Нередко люди задавались вопросом, как такая девушка, как Дороти, могла, пусть даже изредка, общаться с таким человеком, как мистер Уорбертон; но он обладал той властью над ней, какой богохульник и нечестивец всегда обладает над праведником. Это неоспоримый факт – оглядитесь и сами увидите, – праведников и грешников естественным образом тянет друг к другу. Лучшие сцены разврата в мировой литературе написаны, без исключения, ревностными праведниками или убежденными грешниками. Впрочем, Дороти, дитя двадцатого века, старалась выслушивать кощунственные замечания мистера Уорбертона с самым невозмутимым видом; не следует льстить людям порочным, открыто ужасаясь их взглядам. К тому же мистер Уорбертон ей нравился. Пусть он подшучивал над ней и раздражал ее, но она чувствовала с его стороны, сама того толком не сознавая, такую симпатию и понимание, каких не находила больше ни в ком. При всех своих пороках, он был приятным человеком, а фальшивый блеск его речей (Оскар Уайлд, семижды разбавленный водой) казался ей образцом красноречия, шокируя и в то же время очаровывая. Вероятно, по той же причине ее пленяла возможность познакомиться с прославленным мистером Бьюли; хотя такую книжку, как «Рыбешки и девчушки», она едва ли стала бы читать, либо, прочитав, жестоко наказала бы себя. В Лондоне романисты, известное дело, встречаются на каждом шагу; но в таком городке, как Найп-хилл, к ним было отношение особое.

– А вы уверены, что придет мистер Бьюли? – сказала Дороти.

– Вполне уверен. Вместе со своей женой, надо полагать. Все пройдет в рамках приличий. На этот раз мы не будем изображать Тарквиния и Лукрецию.

– Ну, хорошо, – сказала наконец Дороти, – премного благодарна. Я подойду… около половины девятого, вероятно.

– Хорошо. Если сумеете прийти при свете дня, тем лучше. Помните, что моя соседка – миссис Сэмприлл. Можно не сомневаться, что после заката она будет бдеть: qui vive[24].

Миссис Сэмприлл была известной сплетницей – точнее сказать, самой известной из всех местных сплетниц. Получив согласие Дороти (он все время уговаривал ее заглядывать к нему почаще), мистер Уорбертон сказал ей «au revoir» и раскланялся.

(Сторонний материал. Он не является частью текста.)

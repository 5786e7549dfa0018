-- ===== src/Scenarios/Queue.antt =====
-- The theorems on the scan queue at concrete tables.
use ori_skills_hub.Prelude.{
  ◌+◌, ◌*◌, ◌≡◌, ◌≢◌, ◌≤◌, refl, none, some, [], ◌∷◌, codes, true, Memᴰ, ok, strip, arith, UniqueBy,
  any, text_eq, find, update_where,
}
use ori_skills_hub.Database.{Db, ScanJob}
use ori_skills_hub.Database.Writes.{update_jobs, job_update_aborts, insert_event}
use ori_skills_hub.Database.JobGuards.{
  job_reject_terminal_rewrite, job_validate_state_evidence, job_checks, event_checks,
}
use ori_skills_hub.Database.Guards.{digest_column}
use ori_skills_hub.ScanQueue.{bounded, second, ScanJobRecord, claim_due}
use ori_skills_hub.ScanQueue.Due.{IsIdle}
use ori_skills_hub.ScanQueue.Leases.{IsClaim, claim_due-IsClaim}
use ori_skills_hub.ScanQueue.Exclusion.{stay, claim_due-exclusive}
use ori_skills_hub.ScanQueue.Idle.{claim_due-none}
use ori_skills_hub.ScanQueue.Ownership.{IsHeld, record_progress-IsHeld}
use ori_skills_hub.Lifecycle.Trail.Results.{IsCompletion, complete-IsCompletion}
use ori_skills_hub.Scenarios.{submitted_report, clean_report, at_time}
use ori_skills_hub.Scenarios.Tables.{published, new_scan, pump_artifact, pump_pending}
use ori_skills_hub.Scenarios.Scanning.{
  claimed, claimed_record, claim_result, sent, progress_result, polled, finish_result, scanned,
}

claim_due-IsClaim_example :
    IsClaim (codes "w1") 200 (200 + 30 * second) published claimed_record claimed
    × (1 ≤ 30)
    × (30 ≤ 300)
unfolding strip
claim_due-IsClaim_example =
    claim_due-IsClaim (codes "w1") 200 30 (codes "event2") 200 claimed_record published claimed
      claim_result

-- Nothing is due while the only job is leased.
idle_result : claim_due (codes "w2") 210 30 (codes "event9") 210 claimed ≡ ok (none, claimed)
unfolding claim_due bounded strip
idle_result = refl

claim_due-none_example : IsIdle 210 claimed.jobs × (claimed ≡ claimed)
claim_due-none_example =
    claim_due-none (codes "w2") 210 30 (codes "event9") 210 claimed claimed idle_result

record_progress-IsHeld_example :
    (j : ScanJob) × Memᴰ j claimed.jobs
    × IsHeld (codes "job") (strip (codes "w1")) 250 j
    × ((submitted_report 300).expected j.state ≡ true)
record_progress-IsHeld_example =
    record_progress-IsHeld (submitted_report 300) 250 (codes "event3") 250 claimed sent
      progress_result

complete-IsCompletion_example : IsCompletion clean_report 350 polled scanned
complete-IsCompletion_example =
    complete-IsCompletion clean_report (at_time 350) polled scanned finish_result

abbrev other_scan : ScanJob
other_scan = record new_scan { id = codes "job2"; next_attempt_at = 150 }

abbrev two_jobs : Db
two_jobs = record published { jobs = new_scan ∷ other_scan ∷ [] }

abbrev one_leased : Db
one_leased = record claimed { jobs = claimed_record.job ∷ other_scan ∷ [] }

abbrev other_leased : ScanJob
other_leased = record other_scan {
  lease_owner = some (codes "w2");
  lease_expires_at = some 30000210;
  attempt_count = 1;
  updated_at = 210;
}

abbrev other_record : ScanJobRecord
other_record = record { job = other_leased; skill = pump_pending; artifact = pump_artifact }

abbrev both_leased : Db
both_leased = record one_leased {
  jobs = claimed_record.job ∷ other_leased ∷ [];
  events =
      record {
        id = codes "event8";
        scan_job_id = codes "job2";
        state = other_scan.state;
        attempt_count = 1;
        verdict = none;
        detail = codes "job leased for bounded processing";
        stats = [];
        worker_id = some (codes "w2");
        occurred_at = 210;
      }
      ∷ one_leased.events;
}

first_claim :
    claim_due (codes "w1") 200 30 (codes "event2") 200 two_jobs
    ≡ ok (some claimed_record, one_leased)
unfolding claim_due bounded strip update_jobs any text_eq job_update_aborts
    job_reject_terminal_rewrite job_validate_state_evidence job_checks digest_column find
    insert_event update_where event_checks
first_claim = refl

second_claim :
    claim_due (codes "w2") 210 30 (codes "event8") 210 one_leased
    ≡ ok (some other_record, both_leased)
unfolding claim_due bounded strip update_jobs any text_eq job_update_aborts
    job_reject_terminal_rewrite job_validate_state_evidence job_checks digest_column find
    insert_event update_where event_checks
second_claim = refl

two_jobs_unique : UniqueBy (λ (j : ScanJob). j.id) two_jobs.jobs
unfolding text_eq any
two_jobs_unique = (refl, (refl, tt))

claim_due-exclusive_example : other_record.job.id ≢ claimed_record.job.id
claim_due-exclusive_example =
    claim_due-exclusive (codes "w1") (codes "w2") 200 30 210 30 (codes "event2") (codes "event8")
      200 210 claimed_record other_record two_jobs one_leased one_leased both_leased two_jobs_unique
      first_claim stay second_claim (ground arith)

Дороти купила в галантерее Соулпайпа два с половиной ярда материи для занавесок и только отошла от стойки, как услышала у себя над ухом тихий, печальный голос. Это была миссис Сэмприлл, стройная сорокалетняя женщина, с бледным изящным лицом в обрамлении блестящих темных волос, вызывавшим в памяти, благодаря меланхолическому выражению, портреты кисти Ван Дейка. Она вышла из своего укрытия у окна, за стопкой тканей с набивными узорами, откуда наблюдала за разговором Дороти с мистером Уорбертоном. Всякий раз, как вы бывали заняты чем-то, не предназначенным для глаз миссис Сэмприлл, можно было не сомневаться, что она где-то поблизости. Казалось, она обладала, подобно арабским джиннам, силой возникать именно там, где ее хотели видеть меньше всего. Никакое мало-мальски предосудительное действие не ускользало от ее бдительного взгляда. Мистер Уорбертон говорил, что она напоминает ему четырех тварей Апокалипсиса: «Они же все усеяны глазами и не знают отдыха ни днем ни ночью».

– Дороти, милая, – промурлыкала миссис Сэмприлл сострадательным голосом, словно долг велел ей раскрыть плохие новости самым бережным образом. – Я так хотела поговорить с тобой. Должна сообщить тебе нечто чудовищное – ты будешь просто в ужасе!

– Что такое? – сказала Дороти смиренно, хорошо представляя, что за этим последует, поскольку все разговоры миссис Сэмприлл были об одном.

Выйдя из лавки, они пошли по улице: Дороти катила велосипед, а миссис Сэмприлл семенила рядом жеманной походкой и говорила, придвигая свой рот все ближе и ближе к уху Дороти по мере того, как ее рассказ делался все более скабрезным.

– Не случалось ли тебе заметить, – начала она, – одну девушку в церкви, которая сидит в конце скамьи, у самого органа? Приятная такая девушка, рыженькая. Понятия не имею, как ее зовут, – пояснила миссис Сэмприлл, знавшая имена и фамилии всех мужчин, женщин и детей Найп-хилла.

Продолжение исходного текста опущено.